Collected data entries:
◇ ◇ ◇ ◇

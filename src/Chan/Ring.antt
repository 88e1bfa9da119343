-- ===== src/Chan/Ring.antt =====
-- The ring buffer of src/channel.c, against a first-in first-out queue.
use native.Mathlib.Nat.{mod-eq_of_lt, mod-eq-sub-mod}
use mathlib.Core.Path.{ap₂}
use microthread.Base.{
  ℕ, zero, suc, ◌+◌, ◌-◌, ◌%◌, ◌≤◌, ◌<◌, ◌≡◌, refl, ap, ◌∙◌, List, [], ◌∷◌, ◌++◌, arith, ltb,
  if◌then◌else◌, length, get_or, set, length-set, get_or-set,
}
use microthread.State.{Elem, Chan}
use microthread.Chan.{buffer_push, buffer_pop}

-- `n % cap` for an index that is at most one lap ahead
abbrev wrapped : ℕ → ℕ → ℕ
wrapped cap n = if ltb n cap then n else n - cap

mod-wrapped : (n cap : ℕ) → n < cap + cap → n % cap ≡ wrapped cap n
mod-wrapped n cap h = grind (arith, mod-eq_of_lt, mod-eq-sub-mod)

-- `k` elements of a buffer of `cap` slots, from slot `i` on
pub elements : List Elem → ℕ → ℕ → ℕ → List Elem
elements buffer cap zero i = []
elements buffer cap (suc k) i = get_or buffer i [] ∷ elements buffer cap k ((i + 1) % cap)

-- what the buffer of a channel holds, oldest first
unfoldable pub contents : Chan → List Elem
unfolding elements
contents ch = elements ch.buffer ch.capacity ch.len ch.head

pub record IsRing (ch : Chan) : Type 0 where
  pub fits : ch.len ≤ ch.capacity
  pub slots : length ch.buffer ≡ ch.capacity
  pub head : 0 < ch.capacity → ch.head < ch.capacity
  pub tail : 0 < ch.capacity → ch.tail ≡ (ch.head + ch.len) % ch.capacity

pub contents_empty : (ch : Chan) → ch.len ≡ 0 → contents ch ≡ []
unfolding contents elements
contents_empty ch e = ap (λ n. elements ch.buffer ch.capacity n ch.head) e

elements-snoc :
    (b : List Elem) (cap k i : ℕ)
    → i < cap
    → k < cap
    → elements b cap (suc k) i ≡ elements b cap k i ++ get_or b (wrapped cap (i + k)) [] ∷ []
unfolding elements
elements-snoc b cap zero i hi hk = ground arith
elements-snoc b cap (suc k) i hi hk = ground (
  arith,
  mod-wrapped (i + 1) cap (omega arith),
  elements-snoc b cap k ((i + 1) % cap) (grind arith) (omega arith),
)

elements-set :
    (b : List Elem) (cap k i t : ℕ) (v : Elem)
    → i < cap
    → k < cap
    → length b ≡ cap
    → t ≡ wrapped cap (i + k)
    → elements (set b t v) cap k i ≡ elements b cap k i
unfolding elements
elements-set b cap zero i t v hi hk e at = refl
elements-set b cap (suc k) i t v hi hk e at =
    let step = mod-wrapped (i + 1) cap (omega arith) in
    let inside : (i + 1) % cap < cap = ground (arith, step) in
    let same : t ≡ wrapped cap ((i + 1) % cap + k) = ground (arith, step) in
    ground (
      arith,
      get_or-set [] b t i v (ground arith),
      elements-set b cap k ((i + 1) % cap) t v inside (omega arith) e same,
    )

module _ (ch : Chan) (r : IsRing ch) where
  module _ (v : Elem) (room : ch.len < ch.capacity) where
    slot : ch.tail ≡ wrapped ch.capacity (ch.head + ch.len)
    slot =
        r.tail (omega arith)
        ∙ mod-wrapped (ch.head + ch.len) ch.capacity (omega (arith, r.head (omega arith)))

    -- On a consistent ring with room, a push adds the element behind all others.
    pub contents-push : contents (buffer_push ch v) ≡ contents ch ++ v ∷ []
    unfolding contents buffer_push
    contents-push =
        let hi = r.head (omega arith) in
        let next : ch.len + 1 ≡ suc ch.len = omega arith in
        ap (λ n. elements (set ch.buffer ch.tail v) ch.capacity n ch.head) next
        ∙ elements-snoc (set ch.buffer ch.tail v) ch.capacity ch.len ch.head hi room
        ∙ ap₂ (λ xs x. xs ++ x ∷ [])
            (elements-set ch.buffer ch.capacity ch.len ch.head ch.tail v hi room r.slots slot)
            (ground (arith, slot, hi, r.slots, get_or-set [] ch.buffer ch.tail ch.tail v))

    -- A push on a consistent ring with room leaves the ring consistent: the length fits, the
    -- buffer has a slot for each element, and the tail stands `len` slots after the head.
    pub push-IsRing : IsRing (buffer_push ch v)
    unfolding buffer_push
    push-IsRing = record {
      fits = omega arith;
      slots = length-set ch.buffer ch.tail v ∙ r.slots;
      head = r.head;
      tail = λ pos.
          let hi = r.head pos in
          ground (
            arith,
            slot,
            mod-wrapped (ch.tail + 1) ch.capacity (ground (arith, slot)),
            mod-wrapped (ch.head + (ch.len + 1)) ch.capacity (omega arith),
          );
    }

  module _ (more : 0 < ch.len) where
    -- On a consistent ring that holds something, a pop takes off the oldest element and leaves the
    -- others in their order.
    pub contents-pop : contents ch ≡ (buffer_pop ch).0 ∷ contents (buffer_pop ch).1
    unfolding contents buffer_pop
    contents-pop = elements_step ch.len more
      where
        elements_step :
            (n : ℕ)
            → 0 < n
            → elements ch.buffer ch.capacity n ch.head
              ≡ get_or ch.buffer ch.head []
                ∷ elements ch.buffer ch.capacity (n - 1) ((ch.head + 1) % ch.capacity)
        elements_step zero h = absurd (omega arith)
        elements_step (suc n) h = ground arith

    -- A pop from a consistent ring that holds something leaves the ring consistent.
    pub pop-IsRing : IsRing (buffer_pop ch).1
    unfolding buffer_pop
    pop-IsRing = record {
      fits = omega (arith, r.fits);
      slots = r.slots;
      head = λ pos.
          ground
            (arith, mod-wrapped (ch.head + 1) ch.capacity (omega (arith, r.head pos)), r.head pos);
      tail = λ pos.
          let hi = r.head pos in
          let step = mod-wrapped (ch.head + 1) ch.capacity (omega arith) in
          ground (
            arith,
            hi,
            r.fits,
            r.tail pos,
            step,
            mod-wrapped (ch.head + ch.len) ch.capacity (omega (arith, r.fits)),
            mod-wrapped ((ch.head + 1) % ch.capacity + (ch.len - 1)) ch.capacity
                (ground (arith, step, r.fits)),
          );
    }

◇ ◇ ◇ ◇

▶ [THE PROBLEM] Report every line of the records that contains the word "holds".

▶ [FINISHED TASK]
-- what the buffer of a channel holds, oldest first
    -- On a consistent ring that holds something, a pop takes off the oldest element and leaves the
    -- A pop from a consistent ring that holds something leaves the ring consistent.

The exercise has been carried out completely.